● TASK REQUIREMENTS
All of the data below is to be copied exactly.

++++++++

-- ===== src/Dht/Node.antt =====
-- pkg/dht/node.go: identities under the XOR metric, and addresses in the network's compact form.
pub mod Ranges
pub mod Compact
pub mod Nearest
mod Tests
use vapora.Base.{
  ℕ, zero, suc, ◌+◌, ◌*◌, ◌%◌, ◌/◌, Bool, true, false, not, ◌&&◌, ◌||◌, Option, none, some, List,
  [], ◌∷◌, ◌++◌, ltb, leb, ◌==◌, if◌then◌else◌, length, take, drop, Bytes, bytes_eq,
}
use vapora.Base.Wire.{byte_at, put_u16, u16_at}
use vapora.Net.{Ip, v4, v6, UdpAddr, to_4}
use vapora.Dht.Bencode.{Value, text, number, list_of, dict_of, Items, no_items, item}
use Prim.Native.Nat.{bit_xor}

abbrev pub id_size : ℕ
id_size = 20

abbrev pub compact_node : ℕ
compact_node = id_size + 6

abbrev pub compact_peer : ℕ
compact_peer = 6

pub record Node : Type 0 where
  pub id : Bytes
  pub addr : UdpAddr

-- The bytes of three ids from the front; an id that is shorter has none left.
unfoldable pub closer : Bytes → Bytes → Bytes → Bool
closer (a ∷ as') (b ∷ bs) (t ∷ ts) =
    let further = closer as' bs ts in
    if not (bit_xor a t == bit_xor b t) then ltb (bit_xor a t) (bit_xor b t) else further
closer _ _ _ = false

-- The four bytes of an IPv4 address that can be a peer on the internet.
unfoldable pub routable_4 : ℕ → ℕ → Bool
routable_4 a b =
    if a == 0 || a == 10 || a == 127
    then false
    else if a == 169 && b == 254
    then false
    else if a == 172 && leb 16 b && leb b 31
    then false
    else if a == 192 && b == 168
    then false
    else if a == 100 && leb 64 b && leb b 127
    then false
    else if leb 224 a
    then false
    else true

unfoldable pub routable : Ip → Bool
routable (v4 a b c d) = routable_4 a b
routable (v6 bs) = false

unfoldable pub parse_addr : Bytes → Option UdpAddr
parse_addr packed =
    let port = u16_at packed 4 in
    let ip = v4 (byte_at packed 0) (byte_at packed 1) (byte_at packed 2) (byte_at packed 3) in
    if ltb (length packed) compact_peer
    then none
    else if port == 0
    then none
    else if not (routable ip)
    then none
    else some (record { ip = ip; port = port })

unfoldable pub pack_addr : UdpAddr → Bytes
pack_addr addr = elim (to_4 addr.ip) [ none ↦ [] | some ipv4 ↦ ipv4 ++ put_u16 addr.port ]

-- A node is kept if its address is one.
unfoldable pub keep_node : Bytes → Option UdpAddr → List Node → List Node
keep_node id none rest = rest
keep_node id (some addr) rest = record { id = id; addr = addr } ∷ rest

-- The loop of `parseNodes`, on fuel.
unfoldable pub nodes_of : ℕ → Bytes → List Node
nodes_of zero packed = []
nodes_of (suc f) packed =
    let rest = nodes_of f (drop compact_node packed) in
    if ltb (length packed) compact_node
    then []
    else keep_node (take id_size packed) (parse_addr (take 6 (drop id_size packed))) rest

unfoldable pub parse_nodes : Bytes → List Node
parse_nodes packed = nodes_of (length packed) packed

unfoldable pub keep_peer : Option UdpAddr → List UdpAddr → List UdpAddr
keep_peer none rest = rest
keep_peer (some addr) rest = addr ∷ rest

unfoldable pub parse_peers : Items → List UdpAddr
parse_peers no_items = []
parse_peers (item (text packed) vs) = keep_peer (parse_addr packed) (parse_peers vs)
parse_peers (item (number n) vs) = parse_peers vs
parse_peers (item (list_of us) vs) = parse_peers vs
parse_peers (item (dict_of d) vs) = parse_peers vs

++++++++

● RESULT BELOW
-- ===== src/Dht/Node.antt =====
-- pkg/dht/node.go: identities under the XOR metric, and addresses in the network's compact form.
pub mod Ranges
pub mod Compact
pub mod Nearest
mod Tests
use vapora.Base.{
  ℕ, zero, suc, ◌+◌, ◌*◌, ◌%◌, ◌/◌, Bool, true, false, not, ◌&&◌, ◌||◌, Option, none, some, List,
  [], ◌∷◌, ◌++◌, ltb, leb, ◌==◌, if◌then◌else◌, length, take, drop, Bytes, bytes_eq,
}
use vapora.Base.Wire.{byte_at, put_u16, u16_at}
use vapora.Net.{Ip, v4, v6, UdpAddr, to_4}
use vapora.Dht.Bencode.{Value, text, number, list_of, dict_of, Items, no_items, item}
use Prim.Native.Nat.{bit_xor}

abbrev pub id_size : ℕ
id_size = 20

abbrev pub compact_node : ℕ
compact_node = id_size + 6

abbrev pub compact_peer : ℕ
compact_peer = 6

pub record Node : Type 0 where
  pub id : Bytes
  pub addr : UdpAddr

-- The bytes of three ids from the front; an id that is shorter has none left.
unfoldable pub closer : Bytes → Bytes → Bytes → Bool
closer (a ∷ as') (b ∷ bs) (t ∷ ts) =
    let further = closer as' bs ts in
    if not (bit_xor a t == bit_xor b t) then ltb (bit_xor a t) (bit_xor b t) else further
closer _ _ _ = false

-- The four bytes of an IPv4 address that can be a peer on the internet.
unfoldable pub routable_4 : ℕ → ℕ → Bool
routable_4 a b =
    if a == 0 || a == 10 || a == 127
    then false
    else if a == 169 && b == 254
    then false
    else if a == 172 && leb 16 b && leb b 31
    then false
    else if a == 192 && b == 168
    then false
    else if a == 100 && leb 64 b && leb b 127
    then false
    else if leb 224 a
    then false
    else true

unfoldable pub routable : Ip → Bool
routable (v4 a b c d) = routable_4 a b
routable (v6 bs) = false

unfoldable pub parse_addr : Bytes → Option UdpAddr
parse_addr packed =
    let port = u16_at packed 4 in
    let ip = v4 (byte_at packed 0) (byte_at packed 1) (byte_at packed 2) (byte_at packed 3) in
    if ltb (length packed) compact_peer
    then none
    else if port == 0
    then none
    else if not (routable ip)
    then none
    else some (record { ip = ip; port = port })

unfoldable pub pack_addr : UdpAddr → Bytes
pack_addr addr = elim (to_4 addr.ip) [ none ↦ [] | some ipv4 ↦ ipv4 ++ put_u16 addr.port ]

-- A node is kept if its address is one.
unfoldable pub keep_node : Bytes → Option UdpAddr → List Node → List Node
keep_node id none rest = rest
keep_node id (some addr) rest = record { id = id; addr = addr } ∷ rest

-- The loop of `parseNodes`, on fuel.
unfoldable pub nodes_of : ℕ → Bytes → List Node
nodes_of zero packed = []
nodes_of (suc f) packed =
    let rest = nodes_of f (drop compact_node packed) in
    if ltb (length packed) compact_node
    then []
    else keep_node (take id_size packed) (parse_addr (take 6 (drop id_size packed))) rest

unfoldable pub parse_nodes : Bytes → List Node
parse_nodes packed = nodes_of (length packed) packed

unfoldable pub keep_peer : Option UdpAddr → List UdpAddr → List UdpAddr
keep_peer none rest = rest
keep_peer (some addr) rest = addr ∷ rest

unfoldable pub parse_peers : Items → List UdpAddr
parse_peers no_items = []
parse_peers (item (text packed) vs) = keep_peer (parse_addr packed) (parse_peers vs)
parse_peers (item (number n) vs) = parse_peers vs
parse_peers (item (list_of us) vs) = parse_peers vs
parse_peers (item (dict_of d) vs) = parse_peers vs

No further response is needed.